(TASK PROMPT) The required output is the exact run of lines below that opens at the line with "events ← normalize_events raws" and closes at the line with "normalize raw = do".

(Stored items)
= Beginning of Section =

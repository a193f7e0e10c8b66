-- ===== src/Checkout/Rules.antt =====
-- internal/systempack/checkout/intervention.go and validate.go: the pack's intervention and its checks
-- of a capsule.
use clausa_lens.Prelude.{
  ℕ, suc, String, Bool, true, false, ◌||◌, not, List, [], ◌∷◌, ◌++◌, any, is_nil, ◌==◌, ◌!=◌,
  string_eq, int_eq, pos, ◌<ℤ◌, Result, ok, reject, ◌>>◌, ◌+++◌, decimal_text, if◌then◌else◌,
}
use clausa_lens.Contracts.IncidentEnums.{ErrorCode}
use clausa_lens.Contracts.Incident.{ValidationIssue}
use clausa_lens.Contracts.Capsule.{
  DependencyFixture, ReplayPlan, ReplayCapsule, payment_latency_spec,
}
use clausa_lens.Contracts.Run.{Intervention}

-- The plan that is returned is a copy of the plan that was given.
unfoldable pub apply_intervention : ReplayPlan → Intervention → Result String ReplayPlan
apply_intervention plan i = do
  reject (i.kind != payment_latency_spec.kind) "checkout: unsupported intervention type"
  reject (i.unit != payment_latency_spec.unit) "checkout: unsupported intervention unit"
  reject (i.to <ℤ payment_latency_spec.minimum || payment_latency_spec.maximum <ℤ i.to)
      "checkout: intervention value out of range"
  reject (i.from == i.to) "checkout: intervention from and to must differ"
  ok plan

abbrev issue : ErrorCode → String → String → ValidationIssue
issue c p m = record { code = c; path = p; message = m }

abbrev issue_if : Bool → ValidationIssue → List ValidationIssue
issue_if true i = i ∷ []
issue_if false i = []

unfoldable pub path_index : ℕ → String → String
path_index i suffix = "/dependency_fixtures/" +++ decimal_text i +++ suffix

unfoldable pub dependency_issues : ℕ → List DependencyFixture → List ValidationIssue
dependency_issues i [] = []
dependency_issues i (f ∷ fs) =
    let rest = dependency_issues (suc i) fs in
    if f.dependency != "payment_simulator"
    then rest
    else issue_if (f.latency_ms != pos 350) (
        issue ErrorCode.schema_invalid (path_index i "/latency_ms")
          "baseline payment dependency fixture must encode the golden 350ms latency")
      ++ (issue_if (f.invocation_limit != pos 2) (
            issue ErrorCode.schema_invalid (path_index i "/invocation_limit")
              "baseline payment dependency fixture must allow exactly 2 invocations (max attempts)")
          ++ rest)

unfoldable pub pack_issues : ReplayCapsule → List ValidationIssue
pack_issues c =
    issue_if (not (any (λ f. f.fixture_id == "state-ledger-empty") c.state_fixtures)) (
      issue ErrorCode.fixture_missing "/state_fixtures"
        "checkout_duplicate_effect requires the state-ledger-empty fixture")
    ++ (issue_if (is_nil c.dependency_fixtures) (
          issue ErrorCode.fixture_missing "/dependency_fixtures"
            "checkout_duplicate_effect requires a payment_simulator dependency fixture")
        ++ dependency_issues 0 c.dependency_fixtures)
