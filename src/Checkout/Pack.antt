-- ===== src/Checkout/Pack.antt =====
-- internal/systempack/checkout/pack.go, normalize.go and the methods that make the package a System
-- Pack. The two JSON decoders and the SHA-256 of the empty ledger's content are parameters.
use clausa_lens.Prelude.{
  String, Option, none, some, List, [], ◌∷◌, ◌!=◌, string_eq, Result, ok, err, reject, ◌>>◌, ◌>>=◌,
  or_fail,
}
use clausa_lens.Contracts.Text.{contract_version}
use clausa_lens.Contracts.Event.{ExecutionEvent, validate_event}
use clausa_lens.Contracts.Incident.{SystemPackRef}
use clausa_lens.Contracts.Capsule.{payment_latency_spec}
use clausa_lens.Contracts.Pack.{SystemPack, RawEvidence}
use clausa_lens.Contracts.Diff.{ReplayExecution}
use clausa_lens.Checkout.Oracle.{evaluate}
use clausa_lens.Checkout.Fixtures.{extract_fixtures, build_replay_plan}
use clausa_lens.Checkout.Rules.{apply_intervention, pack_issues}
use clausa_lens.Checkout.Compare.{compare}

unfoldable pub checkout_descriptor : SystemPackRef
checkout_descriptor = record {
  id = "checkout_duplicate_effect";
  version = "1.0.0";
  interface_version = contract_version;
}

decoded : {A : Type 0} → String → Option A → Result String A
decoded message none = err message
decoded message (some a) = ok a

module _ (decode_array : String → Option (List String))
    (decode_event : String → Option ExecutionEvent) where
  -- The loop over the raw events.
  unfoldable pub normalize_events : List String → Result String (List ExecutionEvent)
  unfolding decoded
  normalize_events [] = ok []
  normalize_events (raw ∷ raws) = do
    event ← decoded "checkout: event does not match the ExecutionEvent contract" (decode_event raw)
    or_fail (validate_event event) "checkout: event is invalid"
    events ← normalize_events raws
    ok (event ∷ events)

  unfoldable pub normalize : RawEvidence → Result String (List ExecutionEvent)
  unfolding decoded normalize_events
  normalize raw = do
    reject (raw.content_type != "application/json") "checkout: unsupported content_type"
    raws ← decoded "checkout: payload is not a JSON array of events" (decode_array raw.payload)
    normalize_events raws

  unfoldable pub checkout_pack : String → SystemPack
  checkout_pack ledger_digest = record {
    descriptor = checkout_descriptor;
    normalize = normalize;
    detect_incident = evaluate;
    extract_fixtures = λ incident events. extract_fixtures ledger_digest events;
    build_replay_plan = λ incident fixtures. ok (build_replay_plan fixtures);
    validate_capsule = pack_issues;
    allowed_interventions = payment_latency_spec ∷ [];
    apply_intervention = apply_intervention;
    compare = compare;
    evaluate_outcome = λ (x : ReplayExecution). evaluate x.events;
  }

= End of Section =
= Beginning of Section =

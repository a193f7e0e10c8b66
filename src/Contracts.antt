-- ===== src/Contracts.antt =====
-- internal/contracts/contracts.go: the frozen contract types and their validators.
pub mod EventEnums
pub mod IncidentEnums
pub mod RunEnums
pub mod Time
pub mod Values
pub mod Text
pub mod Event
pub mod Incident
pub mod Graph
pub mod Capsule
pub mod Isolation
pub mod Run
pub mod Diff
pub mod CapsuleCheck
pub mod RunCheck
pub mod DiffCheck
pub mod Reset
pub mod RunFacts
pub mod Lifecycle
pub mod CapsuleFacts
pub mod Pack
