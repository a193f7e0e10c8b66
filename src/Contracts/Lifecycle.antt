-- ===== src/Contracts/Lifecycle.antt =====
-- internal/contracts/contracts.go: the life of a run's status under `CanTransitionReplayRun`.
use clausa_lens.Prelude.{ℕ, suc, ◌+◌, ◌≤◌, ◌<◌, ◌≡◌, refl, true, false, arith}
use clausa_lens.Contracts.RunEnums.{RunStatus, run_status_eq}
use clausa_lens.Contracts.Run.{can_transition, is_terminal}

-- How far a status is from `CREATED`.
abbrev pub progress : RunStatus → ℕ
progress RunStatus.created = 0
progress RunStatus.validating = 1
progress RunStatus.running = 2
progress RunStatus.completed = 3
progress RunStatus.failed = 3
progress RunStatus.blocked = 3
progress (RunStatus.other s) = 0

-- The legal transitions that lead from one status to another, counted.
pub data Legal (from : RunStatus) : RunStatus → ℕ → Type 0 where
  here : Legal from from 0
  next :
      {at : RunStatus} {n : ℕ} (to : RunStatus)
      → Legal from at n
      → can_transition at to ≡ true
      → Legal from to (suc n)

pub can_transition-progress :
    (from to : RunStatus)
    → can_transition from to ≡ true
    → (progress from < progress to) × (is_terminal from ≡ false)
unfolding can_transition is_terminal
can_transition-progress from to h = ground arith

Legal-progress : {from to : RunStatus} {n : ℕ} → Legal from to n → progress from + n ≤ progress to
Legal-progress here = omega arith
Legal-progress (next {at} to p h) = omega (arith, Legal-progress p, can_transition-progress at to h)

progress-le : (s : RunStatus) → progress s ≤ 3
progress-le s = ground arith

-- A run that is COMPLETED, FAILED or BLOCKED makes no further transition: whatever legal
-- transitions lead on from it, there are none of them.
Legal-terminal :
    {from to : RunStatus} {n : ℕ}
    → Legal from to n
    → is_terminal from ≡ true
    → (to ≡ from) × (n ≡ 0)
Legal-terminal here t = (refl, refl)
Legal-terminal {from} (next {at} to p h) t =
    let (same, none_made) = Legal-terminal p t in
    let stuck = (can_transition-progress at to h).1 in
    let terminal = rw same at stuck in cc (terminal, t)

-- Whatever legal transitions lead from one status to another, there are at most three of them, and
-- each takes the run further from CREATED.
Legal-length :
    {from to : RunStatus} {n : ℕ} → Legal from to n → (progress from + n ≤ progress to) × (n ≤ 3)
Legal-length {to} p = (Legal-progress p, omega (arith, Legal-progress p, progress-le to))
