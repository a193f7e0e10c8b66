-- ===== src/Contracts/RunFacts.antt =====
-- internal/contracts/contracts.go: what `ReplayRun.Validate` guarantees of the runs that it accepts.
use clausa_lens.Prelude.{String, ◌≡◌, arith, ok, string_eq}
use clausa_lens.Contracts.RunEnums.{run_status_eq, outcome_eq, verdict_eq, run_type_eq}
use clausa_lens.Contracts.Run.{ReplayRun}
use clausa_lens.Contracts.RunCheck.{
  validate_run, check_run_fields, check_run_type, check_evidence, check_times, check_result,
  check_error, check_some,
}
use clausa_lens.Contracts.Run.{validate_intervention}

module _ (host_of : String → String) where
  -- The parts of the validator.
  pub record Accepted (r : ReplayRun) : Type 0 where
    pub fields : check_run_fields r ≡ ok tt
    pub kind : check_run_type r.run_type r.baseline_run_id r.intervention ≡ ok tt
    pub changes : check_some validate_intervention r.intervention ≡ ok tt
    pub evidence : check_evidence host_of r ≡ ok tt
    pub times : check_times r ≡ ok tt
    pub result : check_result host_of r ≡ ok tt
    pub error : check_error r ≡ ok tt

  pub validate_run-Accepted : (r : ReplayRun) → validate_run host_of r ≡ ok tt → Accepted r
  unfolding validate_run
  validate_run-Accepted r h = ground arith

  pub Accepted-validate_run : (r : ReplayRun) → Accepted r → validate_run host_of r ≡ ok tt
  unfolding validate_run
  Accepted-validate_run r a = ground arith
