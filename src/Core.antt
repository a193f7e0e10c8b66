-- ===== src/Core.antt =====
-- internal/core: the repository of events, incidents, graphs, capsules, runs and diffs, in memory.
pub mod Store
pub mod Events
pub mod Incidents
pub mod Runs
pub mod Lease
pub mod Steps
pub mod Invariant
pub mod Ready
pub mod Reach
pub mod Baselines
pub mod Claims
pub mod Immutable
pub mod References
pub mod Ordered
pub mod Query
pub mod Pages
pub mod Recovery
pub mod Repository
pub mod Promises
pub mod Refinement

= End of Section =
= Beginning of Section =

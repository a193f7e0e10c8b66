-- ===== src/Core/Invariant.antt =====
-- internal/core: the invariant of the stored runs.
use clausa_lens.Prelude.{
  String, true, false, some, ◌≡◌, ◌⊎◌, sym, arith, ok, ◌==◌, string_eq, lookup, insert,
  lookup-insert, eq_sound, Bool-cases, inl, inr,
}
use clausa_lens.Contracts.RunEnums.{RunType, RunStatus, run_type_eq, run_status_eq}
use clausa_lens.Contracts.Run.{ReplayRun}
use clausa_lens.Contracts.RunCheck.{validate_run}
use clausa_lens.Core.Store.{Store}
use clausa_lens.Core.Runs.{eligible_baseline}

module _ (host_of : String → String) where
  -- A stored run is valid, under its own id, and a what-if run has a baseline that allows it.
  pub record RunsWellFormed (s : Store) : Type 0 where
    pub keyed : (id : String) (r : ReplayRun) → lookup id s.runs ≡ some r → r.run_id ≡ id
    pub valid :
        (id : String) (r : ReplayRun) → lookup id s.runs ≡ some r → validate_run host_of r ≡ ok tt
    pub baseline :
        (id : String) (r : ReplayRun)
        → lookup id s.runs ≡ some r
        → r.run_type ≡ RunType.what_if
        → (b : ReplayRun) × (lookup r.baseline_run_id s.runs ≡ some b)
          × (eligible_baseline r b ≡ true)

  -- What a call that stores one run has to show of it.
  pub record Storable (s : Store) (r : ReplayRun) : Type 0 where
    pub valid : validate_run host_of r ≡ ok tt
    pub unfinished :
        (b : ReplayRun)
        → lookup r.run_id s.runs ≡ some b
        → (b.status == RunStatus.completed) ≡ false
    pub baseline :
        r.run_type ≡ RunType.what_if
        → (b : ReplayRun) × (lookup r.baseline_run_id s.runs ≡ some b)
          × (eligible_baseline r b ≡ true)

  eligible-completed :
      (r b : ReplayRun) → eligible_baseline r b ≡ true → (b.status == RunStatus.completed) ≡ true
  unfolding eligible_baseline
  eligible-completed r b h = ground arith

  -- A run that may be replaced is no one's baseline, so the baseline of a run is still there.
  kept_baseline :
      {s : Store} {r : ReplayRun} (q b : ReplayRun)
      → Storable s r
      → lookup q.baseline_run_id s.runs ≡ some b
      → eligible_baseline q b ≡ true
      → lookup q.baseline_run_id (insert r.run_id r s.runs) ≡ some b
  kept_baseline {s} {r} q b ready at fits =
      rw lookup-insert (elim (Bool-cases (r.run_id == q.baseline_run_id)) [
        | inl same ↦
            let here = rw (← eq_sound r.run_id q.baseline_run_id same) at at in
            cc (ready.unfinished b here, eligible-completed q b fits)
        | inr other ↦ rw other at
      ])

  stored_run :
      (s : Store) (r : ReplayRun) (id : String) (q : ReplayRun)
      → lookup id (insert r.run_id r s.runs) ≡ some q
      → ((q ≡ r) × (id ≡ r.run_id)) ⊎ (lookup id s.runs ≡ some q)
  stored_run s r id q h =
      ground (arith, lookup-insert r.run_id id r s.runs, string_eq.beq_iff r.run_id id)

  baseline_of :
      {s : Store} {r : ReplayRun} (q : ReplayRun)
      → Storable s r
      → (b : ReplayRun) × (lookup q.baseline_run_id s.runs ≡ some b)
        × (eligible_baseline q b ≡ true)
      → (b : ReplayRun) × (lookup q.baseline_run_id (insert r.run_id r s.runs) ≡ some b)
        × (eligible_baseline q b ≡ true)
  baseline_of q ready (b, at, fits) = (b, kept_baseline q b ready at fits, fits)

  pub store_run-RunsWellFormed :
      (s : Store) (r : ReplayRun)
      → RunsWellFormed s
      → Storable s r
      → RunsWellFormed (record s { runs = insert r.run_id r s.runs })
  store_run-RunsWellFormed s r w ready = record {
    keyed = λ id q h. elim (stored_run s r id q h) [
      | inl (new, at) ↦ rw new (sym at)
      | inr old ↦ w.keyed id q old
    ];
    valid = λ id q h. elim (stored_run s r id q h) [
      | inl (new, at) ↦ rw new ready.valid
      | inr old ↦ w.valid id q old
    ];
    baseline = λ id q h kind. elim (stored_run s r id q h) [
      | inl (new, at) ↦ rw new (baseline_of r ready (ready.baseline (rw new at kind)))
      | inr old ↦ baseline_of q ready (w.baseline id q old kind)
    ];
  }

= End of Section =

(SOLUTION TO THE PROBLEM)
    events ← normalize_events raws
    ok (event ∷ events)

  unfoldable pub normalize : RawEvidence → Result String (List ExecutionEvent)
  unfolding decoded normalize_events
  normalize raw = do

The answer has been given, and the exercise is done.